Data items
■ ■ ■ ■ ■ ■ ■

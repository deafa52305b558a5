-- ===== src/Logbook/Calls.antt =====
-- What the calls on a logbook/book.py and its scribes do to the ledgers.
use auto_weaver.Prelude.{
  ℕ, ◌+◌, String, ◌≡◌, refl, sym, ap, Bool, true, false, Option, none, some, [], ◌∷◌, ◌++◌, arith,
  length-append, ◌==◌, string_eq, eq_iff, if◌then◌else◌, inl, inr, Bool-cases,
}
use auto_weaver.Dict.{Dict, get, put, get-put}
use auto_weaver.Value.{Result, ok, err, Result-cases}
use auto_weaver.Exec.{continue}
use auto_weaver.Logbook.Book.{
  total, Row, Scribe, Logbook, Moment, count_of, next_seq, write_line, open_unless, append_line,
  count,
}
use auto_weaver.Logbook.Ledgers.{
  total-put, seq_at, seq_of, lines, kinds, plus_at, IsAccounted, IsSame, IsSame-IsAccounted,
  IsAccounted-less, IsSame-put_scribe, seq_of-put_scribe,
}

-- what a call leaves when it returns and when it raises
abbrev pub Leaves : {S A : Type 0} → (A → S → Type 0) → (S → Type 0) → Result A × S → Type 0
Leaves P Q (ok a, s) = P a s
Leaves P Q (err e, s) = Q s

module _ {F : Type 0} (p u : String → ℕ) where
  -- the next number is given out, and waits for its line
  pub next_seq-IsAccounted :
      (ledger : String) (o : Option (Scribe F)) (b : Logbook F)
      → get b.scribes ledger ≡ o
      → IsAccounted p u b
      → Leaves (λ n c. IsAccounted (plus_at ledger p) u c) (IsAccounted p u) (next_seq ledger b)
  unfolding next_seq
  next_seq-IsAccounted ledger none b e h = rw e h
  next_seq-IsAccounted ledger (some s) b e h =
      let s' : Scribe F = record s { seq = s.seq + 1 } in
      let same : seq_of b ledger ≡ s.seq = ap seq_at e in
      rw e (λ l.
        (ground (arith, seq_of-put_scribe ledger s' b l, same, eq_iff ledger l, (h l).0), (h l).1))

  lines-write_line :
      (ledger : String) (line : Row F) (b : Logbook F) (l : String)
      → lines (write_line ledger line b) l
        ≡ (if ledger == l then lines b ledger ++ line ∷ [] else lines b l)
  lines-write_line ledger line b l =
      ground (arith, get-put b.files ledger l (lines b ledger ++ line ∷ []))

  -- a number that waits gets its line, which waits to be counted
  write_line-IsAccounted :
      (ledger : String) (line : Row F) (b : Logbook F)
      → IsAccounted (plus_at ledger p) u b
      → IsAccounted p (plus_at ledger u) (write_line ledger line b)
  write_line-IsAccounted ledger line b h l =
      let (few, tally) = h l in
      let size = length-append (lines b l) (line ∷ []) in
      let same : ledger == l ≡ true → lines b ledger ≡ lines b l =
        λ e. ap (lines b) ((eq_iff ledger l).0 e) in
      elim (Bool-cases (ledger == l)) [
        | inl q ↦
            rw (lines-write_line ledger line b l, q, same q)
              (ground (arith, few, q, size), ground (arith, tally, q, size))
        | inr q ↦
            rw (lines-write_line ledger line b l, q)
              (ground (arith, few, q), ground (arith, tally, q))
      ]

  -- a call that writes a line for a number that waits
  abbrev pub Wrote : String → Result (Unit {0}) × Logbook F → Type 0
  Wrote ledger = Leaves (λ _ c. IsAccounted p (plus_at ledger u) c) (IsAccounted p u)

  -- the number will have no line
  pub unused-IsAccounted :
      (ledger : String) (b : Logbook F) → IsAccounted (plus_at ledger p) u b → IsAccounted p u b
  unused-IsAccounted ledger b =
      IsAccounted-less (plus_at ledger p) u p u b (λ l. (ground arith, omega arith))

  -- the line will not be counted
  uncounted-IsAccounted :
      (ledger : String) (b : Logbook F) → IsAccounted p (plus_at ledger u) b → IsAccounted p u b
  uncounted-IsAccounted ledger b =
      IsAccounted-less p (plus_at ledger u) p u b (λ l. (omega arith, ground arith))

  write_flush-Wrote :
      (ledger : String) (line : Row F) (b : Logbook F) (r w f : Result (Unit {0}))
      → IsAccounted (plus_at ledger p) u b
      → Wrote ledger (continue r (λ _. λ c. continue w (λ _ d. (f, write_line ledger line d)) c) b)
  write_flush-Wrote ledger line b (err x) w f h = unused-IsAccounted ledger b h
  write_flush-Wrote ledger line b (ok s) (err x) f h = unused-IsAccounted ledger b h
  write_flush-Wrote ledger line b (ok s) (ok t) (ok v) h = write_line-IsAccounted ledger line b h
  write_flush-Wrote ledger line b (ok s) (ok t) (err x) h =
      uncounted-IsAccounted ledger (write_line ledger line b)
        (write_line-IsAccounted ledger line b h)

  open_unless-IsSame :
      (o : Bool) (at : Moment F) (ledger : String) (s : Scribe F) (b : Logbook F)
      → s.seq ≡ seq_of b ledger
      → IsSame b (open_unless o at ledger s b).1
  open_unless-IsSame true at ledger s b e = (refl, refl, λ l. refl)
  open_unless-IsSame false at ledger s b e = elim (Result-cases at.opening) [
    | inl (t, q) ↦ rw q (IsSame-put_scribe ledger (record s { opened = true }) b e)
    | inr (x, q) ↦ rw q (refl, refl, λ l. refl)
  ]

  pub append_line-Wrote :
      (at : Moment F) (ledger : String) (line : Row F) (b : Logbook F) (o : Option (Scribe F))
      → get b.scribes ledger ≡ o
      → IsAccounted (plus_at ledger p) u b
      → Wrote ledger (append_line at ledger line b)
  unfolding append_line
  append_line-Wrote at ledger line b none e h = rw e (unused-IsAccounted ledger b h)
  append_line-Wrote at ledger line b (some s) e h =
      let x = open_unless s.opened at ledger s b in
      rw e (
        write_flush-Wrote ledger line x.1 x.0 at.writing at.flushing (
          IsSame-IsAccounted (plus_at ledger p) u b x.1
            (open_unless-IsSame s.opened at ledger s b (ap seq_at (sym e))) h))

  pub count-IsAccounted :
      (ledger kind : String) (b : Logbook F)
      → IsAccounted p (plus_at ledger u) b
      → IsAccounted p u (count ledger kind b)
  unfolding count
  count-IsAccounted ledger kind b h l =
      let (few, most) = h l in
      let ks : Dict String ℕ =
        put (kinds b ledger) kind (count_of (get (kinds b ledger) kind) + 1) in
      let stored = get-put b.counts ledger l ks in
      elim (Bool-cases (ledger == l)) [
        | inl q ↦
            let tally : kinds (count ledger kind b) l ≡ ks = ground (arith, stored, q) in
            let same : total (kinds b ledger) ≡ total (kinds b l) =
              ap (λ k. total (kinds b k)) ((eq_iff ledger l).0 q) in
            (few, rw tally (ground (arith, most, q, same, total-put (kinds b ledger) kind)))
        | inr q ↦
            let tally : kinds (count ledger kind b) l ≡ kinds b l = ground (arith, stored, q) in
            (few, rw tally (ground (arith, most, q)))
      ]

■ ■ ■ ■ ■ ■ ■

Among the records, find each line where the word "unfolding" occurs, and copy it.

  unfolding next_seq
  unfolding append_line
  unfolding count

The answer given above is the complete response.